Start of Block

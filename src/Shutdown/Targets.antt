-- ===== src/Shutdown/Targets.antt =====
-- components/server/rpcservices.go: which VMs `StopVMs` and `Stop` stop.
use corectl.Base.{
  Outcome, returns, ℕ, Bool, true, false, inl, inr, ◌⊎◌, none, some, List, [], ◌∷◌, append-nil,
  Text, ◌≡◌, ◌≢◌, refl, ◌∙◌, =t_iff, All, arith, length, lookup, values, if◌then◌else◌, ◌==◌,
}
use corectl.Daemon.{Daemon, unknown_vm, nothing_to_shutdown}
use corectl.Registry.{Active}
use corectl.Registry.Unique.{IsUnique}
use corectl.Shutdown.{
  Host, Stopped, newest_first, matches, targets, stop_targets, stop_all, stop_named, stop_vms,
}
use corectl.Shutdown.Graceful.{
  IsCalm, Halts, signals, shut_down-Stops, values-AreDistinct, values-IsListed, lookup-values,
}
use corectl.Vm.{Vm}

abbrev AllStopped : Host → Active → Outcome Stopped → Type 0
AllStopped h m o =
    (r : Stopped) × (o ≡ returns r)
    × (r.sent ≡ signals h (newest_first (values m)))
    × ((k : Text) → lookup k r.active ≡ none)
    × (r.error ≡ (if length m == 0 then some nothing_to_shutdown else none))

stop_all-AllStopped :
    (h : Host) (pick : ℕ) (m : Active)
    → IsUnique m
    → IsCalm h
    → All (Halts h) (values m)
    → AllStopped h m (stop_all h pick false m)
unfolding stop_all lookup newest_first
stop_all-AllStopped h pick [] u calm e = (
  record { error = some nothing_to_shutdown; output = []; sent = []; active = [] },
  refl,
  refl,
  λ k. refl,
  refl,
)
stop_all-AllStopped h pick (x ∷ m) u calm e =
    let vs = values (x ∷ m) in
    let (n, run, left) =
      shut_down-Stops h vs (x ∷ m) calm e (values-AreDistinct (x ∷ m) u)
        (values-IsListed (x ∷ m) u) in
    (
      record { error = none; output = []; sent = signals h (newest_first vs); active = n },
      rw run,
      refl,
      λ k. left k ∙ lookup-values k (x ∷ m) u,
      ground arith,
    )

-- Without an argument `StopVMs` stops every VM, the newest first, and leaves the map empty. It
-- reports an error only when there is none.
pub stop_vms_without_argument :
    {V : Type 0} (h : Host) (pick : ℕ) (d : Daemon V)
    → d.accepting_requests ≡ true
    → IsUnique d.active
    → IsCalm h
    → All (Halts h) (values d.active)
    → (r : Stopped) × (stop_vms h pick false [] d ≡ returns r)
      × (r.sent ≡ signals h (newest_first (values d.active)))
      × ((k : Text) → lookup k r.active ≡ none)
      × (r.error ≡ (if length d.active == 0 then some nothing_to_shutdown else none))
unfolding stop_vms
stop_vms_without_argument h pick d up u calm e =
    rw up (stop_all-AllStopped h pick d.active u calm e)

-- The call acts on the one VM that matches, or several or none match and it touches none.
abbrev pub ActsOnOne : {V : Type 0} → Host → ℕ → Bool → Text → Daemon V → Type 0
ActsOnOne h pick forced id d =
    ((v : Vm) × (matches id d.active ≡ v ∷ [])
      × (stop_vms h pick forced (id ∷ []) d ≡ stop_targets h forced [] (v ∷ []) d.active))
    ⊎ ((length (matches id d.active) ≢ 1)
        × (stop_vms h pick forced (id ∷ []) d
            ≡ returns
                (record { error = some unknown_vm; output = []; sent = []; active = d.active })))

acts_by_matches :
    {V : Type 0} (h : Host) (pick : ℕ) (forced : Bool) (id : Text) (d : Daemon V) (vs : List Vm)
    → d.accepting_requests ≡ true
    → matches id d.active ≡ vs
    → ActsOnOne h pick forced id d
unfolding stop_vms targets stop_named
acts_by_matches h pick forced id d [] up e =
    inr (ground arith, ground (arith, append-nil (matches id d.active)))
acts_by_matches h pick forced id d (v ∷ []) up e =
    inl (v, e, ground (arith, append-nil (matches id d.active)))
acts_by_matches h pick forced id d (v ∷ w ∷ vs) up e =
    inr (ground arith, ground (arith, append-nil (matches id d.active)))

-- If exactly one running VM has the name or the UUID, `StopVMs` acts on that VM alone: it kills it
-- if forced and else shuts it down. If none or several have it, no VM is touched.
pub stop_vms_one :
    {V : Type 0} (h : Host) (pick : ℕ) (forced : Bool) (id : Text) (d : Daemon V)
    → d.accepting_requests ≡ true
    → ActsOnOne h pick forced id d
stop_vms_one h pick forced id d up =
    acts_by_matches h pick forced id d (matches id d.active) up refl

-- An argument that is the UUID of one VM and the name of another stops neither of them.
pub stop_vms_ambiguous :
    {V : Type 0} (h : Host) (pick : ℕ) (forced : Bool) (id : Text) (v w : Vm) (d : Daemon V)
    → d.accepting_requests ≡ true
    → d.active ≡ (v.uuid, v) ∷ (w.uuid, w) ∷ []
    → v.uuid ≡ id
    → w.name ≡ id
    → stop_vms h pick forced (id ∷ []) d
      ≡ returns (record { error = some unknown_vm; output = []; sent = []; active = d.active })
unfolding stop_vms targets stop_named matches
stop_vms_ambiguous h pick forced id v w d up a p q =
    ground (arith, =t_iff v.uuid id, =t_iff w.name id, =t_iff v.name id)
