-- ===== src/Storage/Config.antt =====
-- components/server/run.go: what `ValidateCloudConfig` and `ValidateCDROM` leave in the VM.
use corectl.Base.{
  true, Bool-cases, Option-cases, inl, inr, ◌⊎◌, none, some, [], ◌∷◌, Text, codes, ◌≡◌, refl, arith,
  has_suffix,
}
use corectl.Daemon.{Error, bad_suffix, os_error}
use corectl.Storage.{Files, validate_cloud_config, validate_cdrom, insert_cdrom}
use corectl.Vm.{Vm, local_file, remote_url}

-- A cloud-config that was accepted is where the VM says: a remote one answered with success at the
-- given URL, a local one is the absolute path of a file that exists. An empty name changes nothing.
pub validate_cloud_config_sound :
    (f : Files) (config : Text) (vm : Vm)
    → (validate_cloud_config f config vm).1 ≡ none
    → let vm' = (validate_cloud_config f config vm).0 in
      ((config ≡ []) × (vm' ≡ vm))
      ⊎ ((vm'.cc_location ≡ remote_url) × (vm'.cloud_config ≡ config))
      ⊎ ((vm'.cc_location ≡ local_file)
          × (f.exists vm'.cloud_config ≡ true)
          × (f.abs config ≡ some vm'.cloud_config))
unfolding validate_cloud_config
validate_cloud_config_sound f [] vm e = inl (refl, refl)
validate_cloud_config_sound f (c ∷ config) vm e = ground arith

-- `ValidateCDROM` has nothing to do, or leaves one CD-ROM at slot 0 with the absolute path of a
-- file that exists and ends in ".iso", or reports an error and changes nothing.
pub validate_cdrom_cases :
    (f : Files) (path : Text) (vm : Vm)
    → ((path ≡ []) × (validate_cdrom f path vm ≡ (vm, none)))
      ⊎ ((abs : Text) × (has_suffix path (codes ".iso") ≡ true)
          × (f.exists path ≡ true)
          × (f.abs path ≡ some abs)
          × (validate_cdrom f path vm ≡ (insert_cdrom abs vm, none)))
      ⊎ ((e : Error) × (validate_cdrom f path vm ≡ (vm, some e)))
unfolding validate_cdrom
validate_cdrom_cases f [] vm = inl (refl, refl)
validate_cdrom_cases f (c ∷ path) vm = elim (Bool-cases (has_suffix (c ∷ path) (codes ".iso"))) [
  | inr s ↦ inr (inr (bad_suffix, rw s refl))
  | inl s ↦ elim (Bool-cases (f.exists (c ∷ path))) [
    | inr x ↦ inr (inr (os_error, rw (s, x) refl))
    | inl x ↦ elim (Option-cases (f.abs (c ∷ path))) [
      | inl e ↦ inr (inr (os_error, rw (s, x, e) refl))
      | inr (abs, e) ↦ inr (inl (abs, s, x, e, rw (s, x, e) refl))
    ]
  ]
]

End of Block

- _What needs to be done_
Only one stretch of the entries above is wanted: the lines from the one containing "(v ∷ []) d.active))" through the one containing "acts_by_matches h pick forced id d (v ∷ [])". Please reproduce it exactly.

- _The completed task_
      × (stop_vms h pick forced (id ∷ []) d ≡ stop_targets h forced [] (v ∷ []) d.active))
    ⊎ ((length (matches id d.active) ≢ 1)
        × (stop_vms h pick forced (id ∷ []) d
            ≡ returns
                (record { error = some unknown_vm; output = []; sent = []; active = d.active })))

acts_by_matches :
    {V : Type 0} (h : Host) (pick : ℕ) (forced : Bool) (id : Text) (d : Daemon V) (vs : List Vm)
    → d.accepting_requests ≡ true
    → matches id d.active ≡ vs
    → ActsOnOne h pick forced id d
unfolding stop_vms targets stop_named
acts_by_matches h pick forced id d [] up e =
    inr (ground arith, ground (arith, append-nil (matches id d.active)))
acts_by_matches h pick forced id d (v ∷ []) up e =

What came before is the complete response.